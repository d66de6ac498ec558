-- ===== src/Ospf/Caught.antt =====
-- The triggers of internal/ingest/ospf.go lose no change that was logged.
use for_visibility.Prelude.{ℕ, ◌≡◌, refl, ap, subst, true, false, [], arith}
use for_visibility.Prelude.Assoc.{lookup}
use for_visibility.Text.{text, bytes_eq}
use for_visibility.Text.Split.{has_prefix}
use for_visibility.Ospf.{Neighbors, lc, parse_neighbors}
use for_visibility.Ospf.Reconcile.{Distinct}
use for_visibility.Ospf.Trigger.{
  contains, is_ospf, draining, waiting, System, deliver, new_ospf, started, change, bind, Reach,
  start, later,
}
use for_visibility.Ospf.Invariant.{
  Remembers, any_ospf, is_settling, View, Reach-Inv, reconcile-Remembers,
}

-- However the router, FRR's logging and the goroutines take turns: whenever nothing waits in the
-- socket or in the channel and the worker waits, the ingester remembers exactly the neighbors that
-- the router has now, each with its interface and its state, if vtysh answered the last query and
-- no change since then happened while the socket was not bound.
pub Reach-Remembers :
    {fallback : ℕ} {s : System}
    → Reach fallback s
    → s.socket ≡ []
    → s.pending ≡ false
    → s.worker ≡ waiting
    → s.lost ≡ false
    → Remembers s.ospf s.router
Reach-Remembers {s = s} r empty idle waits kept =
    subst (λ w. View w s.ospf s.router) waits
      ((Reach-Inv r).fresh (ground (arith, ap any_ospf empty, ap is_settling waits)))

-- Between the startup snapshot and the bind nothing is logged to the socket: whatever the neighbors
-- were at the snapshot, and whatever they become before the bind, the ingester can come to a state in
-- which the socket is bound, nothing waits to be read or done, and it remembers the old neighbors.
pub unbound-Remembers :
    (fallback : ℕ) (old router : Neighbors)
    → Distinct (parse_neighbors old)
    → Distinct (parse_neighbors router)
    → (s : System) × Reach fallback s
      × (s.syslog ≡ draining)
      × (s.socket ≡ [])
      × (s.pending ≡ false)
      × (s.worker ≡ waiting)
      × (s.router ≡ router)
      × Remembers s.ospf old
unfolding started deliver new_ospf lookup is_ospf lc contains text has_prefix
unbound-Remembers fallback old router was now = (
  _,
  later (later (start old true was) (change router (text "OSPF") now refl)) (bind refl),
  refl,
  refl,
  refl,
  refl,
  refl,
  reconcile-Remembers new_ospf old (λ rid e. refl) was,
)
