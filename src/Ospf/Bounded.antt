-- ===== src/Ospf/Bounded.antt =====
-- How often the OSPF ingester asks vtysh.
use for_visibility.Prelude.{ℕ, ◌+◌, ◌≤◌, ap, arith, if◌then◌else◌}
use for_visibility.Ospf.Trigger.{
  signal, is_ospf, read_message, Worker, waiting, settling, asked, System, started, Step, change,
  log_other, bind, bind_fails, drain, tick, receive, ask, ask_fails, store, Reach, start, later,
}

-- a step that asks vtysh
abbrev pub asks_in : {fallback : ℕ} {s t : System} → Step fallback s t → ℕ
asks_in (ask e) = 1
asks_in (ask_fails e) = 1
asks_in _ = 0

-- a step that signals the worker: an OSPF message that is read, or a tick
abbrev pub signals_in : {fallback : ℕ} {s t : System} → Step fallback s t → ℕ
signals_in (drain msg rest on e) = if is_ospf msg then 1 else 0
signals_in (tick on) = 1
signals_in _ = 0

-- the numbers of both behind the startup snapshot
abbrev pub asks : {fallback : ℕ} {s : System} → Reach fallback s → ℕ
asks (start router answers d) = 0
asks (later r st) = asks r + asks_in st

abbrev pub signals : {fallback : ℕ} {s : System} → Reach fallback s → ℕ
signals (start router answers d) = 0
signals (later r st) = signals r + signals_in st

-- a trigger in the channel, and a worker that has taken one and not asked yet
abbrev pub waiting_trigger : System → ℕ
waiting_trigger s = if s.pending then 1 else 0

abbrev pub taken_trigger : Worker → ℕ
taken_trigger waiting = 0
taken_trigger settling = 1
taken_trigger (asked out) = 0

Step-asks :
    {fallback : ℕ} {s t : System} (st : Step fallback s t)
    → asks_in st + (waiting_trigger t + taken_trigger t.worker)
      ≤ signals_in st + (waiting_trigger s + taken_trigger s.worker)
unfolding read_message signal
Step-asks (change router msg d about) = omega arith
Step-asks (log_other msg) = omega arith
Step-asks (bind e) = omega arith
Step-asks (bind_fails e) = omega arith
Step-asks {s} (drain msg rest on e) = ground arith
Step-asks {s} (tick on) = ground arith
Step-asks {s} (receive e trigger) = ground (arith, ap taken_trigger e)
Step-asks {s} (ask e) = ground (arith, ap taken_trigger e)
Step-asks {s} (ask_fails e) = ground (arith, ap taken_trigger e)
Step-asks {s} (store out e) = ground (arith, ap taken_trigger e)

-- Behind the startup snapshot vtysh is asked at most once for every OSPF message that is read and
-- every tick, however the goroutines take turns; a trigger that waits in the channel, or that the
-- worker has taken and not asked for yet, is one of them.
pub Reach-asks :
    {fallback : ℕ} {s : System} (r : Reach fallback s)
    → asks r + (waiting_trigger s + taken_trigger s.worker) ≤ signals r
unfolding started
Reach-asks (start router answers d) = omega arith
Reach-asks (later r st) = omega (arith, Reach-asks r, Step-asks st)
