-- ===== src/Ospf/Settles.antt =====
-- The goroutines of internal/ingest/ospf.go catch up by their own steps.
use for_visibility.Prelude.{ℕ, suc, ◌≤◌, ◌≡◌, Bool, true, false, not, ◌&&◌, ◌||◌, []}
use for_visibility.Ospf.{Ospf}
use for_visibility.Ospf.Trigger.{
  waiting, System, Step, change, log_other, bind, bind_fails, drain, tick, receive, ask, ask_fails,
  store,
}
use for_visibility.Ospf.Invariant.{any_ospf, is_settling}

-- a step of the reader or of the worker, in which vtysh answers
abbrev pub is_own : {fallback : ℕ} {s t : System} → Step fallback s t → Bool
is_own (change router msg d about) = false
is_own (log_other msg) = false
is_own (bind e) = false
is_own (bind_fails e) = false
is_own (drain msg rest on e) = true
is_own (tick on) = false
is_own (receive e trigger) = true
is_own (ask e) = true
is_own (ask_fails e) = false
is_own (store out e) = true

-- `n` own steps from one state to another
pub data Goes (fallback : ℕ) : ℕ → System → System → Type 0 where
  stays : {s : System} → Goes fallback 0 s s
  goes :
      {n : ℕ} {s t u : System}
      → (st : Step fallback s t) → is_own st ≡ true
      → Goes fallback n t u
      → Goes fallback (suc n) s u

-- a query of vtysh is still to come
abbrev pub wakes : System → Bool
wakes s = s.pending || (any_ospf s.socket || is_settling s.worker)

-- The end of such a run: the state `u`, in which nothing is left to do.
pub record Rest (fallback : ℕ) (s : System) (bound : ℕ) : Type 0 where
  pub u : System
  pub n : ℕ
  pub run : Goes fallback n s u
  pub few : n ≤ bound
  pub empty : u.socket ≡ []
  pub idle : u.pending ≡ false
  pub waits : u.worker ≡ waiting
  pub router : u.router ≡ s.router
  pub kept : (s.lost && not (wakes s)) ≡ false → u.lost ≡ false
—————
Your assignment: Reproduce the lines of the entries above from the one with "is_own (log_other msg) = false" to the one with "is_own (store out e) = true", both included, exactly and without any other line.

Exercise response:
is_own (log_other msg) = false
is_own (bind e) = false
is_own (bind_fails e) = false
is_own (drain msg rest on e) = true
is_own (tick on) = false
is_own (receive e trigger) = true
is_own (ask e) = true
is_own (ask_fails e) = false
is_own (store out e) = true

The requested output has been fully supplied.